I have implemented a few statistical operations on concrete and I’m testing it on a GPU machine but I noticed that the performance is better when not using gpu (use_gpu=False).
I have tensorized my code for calculating variance (numerator only).
@fhe.compiler({“array”: “encrypted”})
def calculate_variance_numerator_tensorized(array):
n = array.size
# Vectorized operations
array_sq = array * array # elementwise square
array_sum = np.sum(array) # sum of all elements
array_sq_sum = np.sum(array_sq) # sum of squares
# list_into_sum = Σ(array[i] * array_sum)
list_into_sum = np.sum(array * array_sum)
component_one = array_sq_sum * (n * n)
component_two = list_into_sum * (n * 2)
component_three = array_sum * array_sum * n
return fhe.refresh((component_three + component_one) - component_two)
inputset = [np.random.randint(0, lrange, size=lsize) for _ in range(5)]

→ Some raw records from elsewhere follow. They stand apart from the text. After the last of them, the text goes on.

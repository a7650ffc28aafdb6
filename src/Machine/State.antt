-- ===== src/Machine/State.antt =====
-- reference/shen-gc/zincvm.c: the state of `vm_exec_env`, its value stack and its environment.
--
-- A value stack is a list with its top first, an environment an array with its newest entry last.
-- Capacities, roots and the write barrier are the collector's and do not show in the values.
use fx_ui.Base.{
  ℕ, zero, suc, ◌+◌, ◌-◌, ◌%◌, ◌^◌, Bool, true, false, Option, none, some, List, [], ◌∷◌, ltb,
  if◌then◌else◌,
}
use fx_ui.Base.Bytes.{Bytes}
use fx_ui.Base.Int.{ℤ, pos, negsuc}
use fx_ui.Value.{Value, Values, empty, entry, Instr, Code, no_operand, size, fetch, append, code_at}
use fx_ui.Table.DefunTable.{DefunTable}

-- `CallFrame`
pub record Frame : Type 0 where
  pub code : Code
  pub pc : ℤ
  pub env : Values
  pub stack : List Value

-- `world` is the state outside the loop, which the primitives read and write.
pub record State (W : Type 0) : Type 0 where
  pub code : Code
  pub pc : ℤ
  pub env : Values
  pub stack : List Value
  pub acc : Value
  pub frames : List Frame
  pub world : W

-- How a call of `exec_primitive` ends: with 0 and the new `*acc` and stack, with -1, by `vm_throw`
-- with a message, or not at all: `exit`, `abort`, or behaviour that C leaves undefined.
pub data PrimResult (W : Type 0) : Type 0 where
  primed : Value → List Value → W → PrimResult W
  refused : Value → W → PrimResult W
  raised : Bytes → W → PrimResult W
  died : PrimResult W

-- What the loop uses of the rest of the program: the primitives, their names and the defun table,
-- and whether a catch frame is in place, and if so its `in_trap_error`.
pub record Host (W : Type 0) : Type 0 where
  pub exec_primitive : Bytes → Value → List Value → W → PrimResult W
  pub prim_names : List Bytes
  pub globals : W → DefunTable
  pub catching : Option Bool

-- Why the loop was left with `acc` as the result: a return from the outermost frame, the end of its
-- code, the instruction limit, the frame limit, or an error printed on stderr.
pub data Halt : Type 0 where
  returned fell_off limit_hit too_deep stuck : Halt

-- `uncaught` is `vm_throw` with no catch frame, which aborts; `exited` is an exit of the program or
-- behaviour that C leaves undefined.
pub data Outcome (W : Type 0) : Type 0 where
  running : State W → Outcome W
  done : Halt → Value → W → Outcome W
  thrown : Bytes → W → Outcome W
  uncaught : Bytes → Outcome W
  exited : Outcome W

-- The conversion of a `long` to `int`: the low 32 bits in two's complement.
unfoldable pub signed_32 : ℕ → ℤ
signed_32 n = if ltb n (2 ^ 31) then pos n else negsuc (2 ^ 32 - 1 - n)

unfoldable pub to_int : ℤ → ℤ
unfolding signed_32
to_int (pos n) = signed_32 (n % 2 ^ 32)
to_int (negsuc n) = signed_32 (2 ^ 32 - 1 - n % 2 ^ 32)

unfoldable pub next_pc : ℤ → ℤ
next_pc (pos n) = pos (n + 1)
next_pc (negsuc zero) = pos 0
next_pc (negsuc (suc n)) = negsuc n

-- The instruction at `pc`; `none` is `pc < 0 || pc >= cur_len`.
abbrev pub instr_at : Code → ℤ → Option Instr
instr_at c (pos n) = code_at c n
instr_at c (negsuc n) = none

abbrev pub or_zero : Option Value → Value
or_zero none = no_operand
or_zero (some v) = v

-- `env[env_len - 1 - n]`, and the number 0 out of range.
unfoldable pub lookup_env : ℤ → Values → Value
lookup_env (negsuc n) env = no_operand
lookup_env (pos n) env =
    if ltb n (size env) then or_zero (fetch env (size env - 1 - n)) else no_operand

unfoldable pub env_push : Values → Value → Values
env_push env v = append env (entry v empty)

-- `env_len--`
unfoldable pub env_pop : Values → Values
env_pop empty = empty
env_pop (entry v empty) = empty
env_pop (entry v (entry w vs)) = entry v (env_pop (entry w vs))

-- The top of the stack, or `acc` when the stack is empty, and the stack below it.
abbrev pub pop_or_acc : List Value → Value → Value × List Value
pop_or_acc [] acc = (acc, [])
pop_or_acc (v ∷ vs) acc = (v, vs)

unfoldable pub is_mark : Value → Bool
is_mark Value.mark = true
is_mark v = false

-- `if (stack.len > 0 && va_peek(&stack).tag == VAL_MARK) va_pop(&stack);`
unfoldable pub drop_mark : List Value → List Value
unfolding is_mark
drop_mark [] = []
drop_mark (v ∷ vs) = if is_mark v then vs else v ∷ vs

abbrev pub max_frames : ℕ
max_frames = 65536

abbrev pub symbol_name : Value → Bytes
symbol_name (Value.symbol s) = s
symbol_name v = []

-- `vm_throw`
abbrev pub throw : {W : Type 0} → Option Bool → Bytes → W → Outcome W
throw none msg w = Outcome.uncaught msg
throw (some trap) msg w = Outcome.thrown msg w

-- An error that is thrown inside the body of a `trap-error`, and printed elsewhere.
abbrev pub throw_in_trap : {W : Type 0} → Option Bool → Bytes → Value → W → Outcome W
throw_in_trap (some true) msg acc w = Outcome.thrown msg w
throw_in_trap _ msg acc w = Outcome.done Halt.stuck acc w

-- The caller's frame is taken up again; `stack` is the caller's with what is pushed on it.
abbrev pub resume : {W : Type 0} → State W → Frame → List Frame → List Value → State W
resume s f fs stack = record s { code = f.code; pc = f.pc; env = f.env; stack = stack; frames = fs }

inputset.append(np.full(lsize, lrange))
circuit = calculate_variance_numerator_tensorized.compile(inputset, dataflow_parallelize = parallelize, use_gpu = gpu)
Could you please confirm why the performance on cpu is better than gpu? I also noticed that dataflow_parallelize doesn’t work on tensorized code, is it because it is already parallelized?
That hard to say why in this case CPU is better than CPU, it often depends on how computation subgraph can be offloaded to the GPU and the actual GPU workload, if this workload is not enought you can lose more time to transfer data on GPU than keeping on CPU.
What do you mean by dataflow_parallelize doesn’t work on tensorized code? Actually it should be orthogonal.
I have a dedicated instance on aws for testing the code using gpu, which currently has one gpu. Does that mean I need more gpus? or is it just the offloading that’s increasing the time?
For dataflow_parallelize, when I try to enable it on tensorized code (variance numerator) I get the following error
Does it have something to do with numpy methods?
For a separate statistical operation (five point summary) I am using np.max() and np.min() methods. With dataflow_parallelize, it returns:
python3: symbol lookup error: /tmp/tmpz5k6t7o4/sharedlib.so: undefined symbol: _dfr_make_ready_future
You can try with more GPU but my guess is that the better GPU performance is not exploited beause overhead of data transfert on the GPU is greater that the gain of using GPU.
Using GPU lead to better of performance if the workload is enought to compensate data transfert.
For the both error you have it look like an internal bug of the compiler, the first one during the compilation pipeline, the second one when trying to run the code, the “_dfr_make_ready_future” is a symbol that should be in the concrete runtime, what release are you using?